Go through the entries that follow and count every line with the string "internal". Reply with the number only.

↓

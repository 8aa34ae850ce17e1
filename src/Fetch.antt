-- ===== src/Fetch.antt =====
-- internal/fetch: what the program asks of an outbound request before it opens a connection.
pub mod Proxy
pub mod Addresses
pub mod Gate
pub mod Requests
use shadow_relay.Prelude.{String}

pub record Policy : Type 0 where
  pub network : String
  pub trust : String
  pub proxy_id : String
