-- ===== src/Fetch/Addresses.antt =====
-- Allowed of internal/fetch/fetch.go: which addresses may be dialled for a policy. The classes of
-- addresses are those of net/netip.
use shadow_relay.Prelude.{
  String, Bool, true, false, not, ◌&&◌, ◌||◌, List, [], ◌∷◌, ◌==◌, any, if◌then◌else◌, ◌≡◌, arith,
  eq_iff, ◌⊎◌,
}
use shadow_relay.Fetch.{Policy}

-- `netip.Addr` and its tests; `within p a` is `netip.MustParsePrefix(p).Contains(a)`.
pub record Addresses (Address : Type 0) : Type 0 where
  pub unmap : Address → Address
  pub within : String → Address → Bool
  pub is_loopback : Address → Bool
  pub is_unspecified : Address → Bool
  pub is_multicast : Address → Bool
  pub is_link_local_unicast : Address → Bool
  pub is_link_local_multicast : Address → Bool
  pub is_private : Address → Bool
  pub is_global_unicast : Address → Bool

-- The networks that are reserved for documentation, tests and translation.
abbrev pub reserved : List String
reserved =
    "0.0.0.0/8" ∷ "192.0.0.0/24" ∷ "192.0.2.0/24" ∷ "198.18.0.0/15" ∷ "198.51.100.0/24"
    ∷ "203.0.113.0/24" ∷ "240.0.0.0/4" ∷ "64:ff9b::/96" ∷ "64:ff9b:1::/48" ∷ "100::/64"
    ∷ "2001::/23" ∷ "2002::/16" ∷ []

module _ {A : Type 0} (net : Addresses A) where
  unfoldable pub is_reserved : A → Bool
  is_reserved ip = any (λ p. net.within p ip) reserved

  -- Loopback, unspecified, multicast and link-local addresses.
  unfoldable pub is_special : A → Bool
  is_special ip =
      net.is_loopback ip
      || net.is_unspecified ip
      || net.is_multicast ip
      || net.is_link_local_unicast ip
      || net.is_link_local_multicast ip

  unfoldable pub is_local : A → Bool
  is_local ip = net.is_private ip || not (net.is_global_unicast ip) || net.within "100.64.0.0/10" ip

module _ {A : Type 0} (net : Addresses A) (trusted : List String) where
  -- Is the address one of a network that the operator trusts?
  unfoldable pub is_trusted : A → Bool
  is_trusted ip = any (λ p. net.within p ip) trusted

  unfoldable pub is_allowed : A → Policy → Bool
  is_allowed addr p =
      let ip = net.unmap addr in
      if is_reserved net ip
      then false
      else if is_special net ip
      then false
      else if is_local net ip
      then not (not (p.network == "trusted-lan") || not (p.trust == "trusted")) && is_trusted ip
      else if p.network == "trusted-lan"
      then is_trusted ip
      else p.network == "internet" || p.network == ""

  -- where an address is allowed for a policy, it is neither reserved nor loopback, unspecified,
  -- multicast or link-local; a local address is allowed only to a trusted source of the trusted
  -- local network; and a policy that is neither for the internet nor empty reaches only the
  -- networks that the operator trusts.
  pub allowed_only :
      (addr : A) (p : Policy)
      → is_allowed addr p ≡ true
      → let ip = net.unmap addr in
        (is_reserved net ip ≡ false)
        × (is_special net ip ≡ false)
        × ((is_local net ip ≡ false) ⊎ ((p.trust ≡ "trusted") × (p.network ≡ "trusted-lan")))
        × ((p.network ≡ "internet") ⊎ (p.network ≡ "") ⊎ (is_trusted ip ≡ true))
  unfolding is_allowed
  allowed_only addr p e =
      let ip = net.unmap addr in
      (
        ground arith,
        ground arith,
        ground (arith, eq_iff p.network "trusted-lan", eq_iff p.trust "trusted"),
        ground (arith, eq_iff p.network "internet", eq_iff p.network ""),
      )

↑

# Solution for this exercise:
2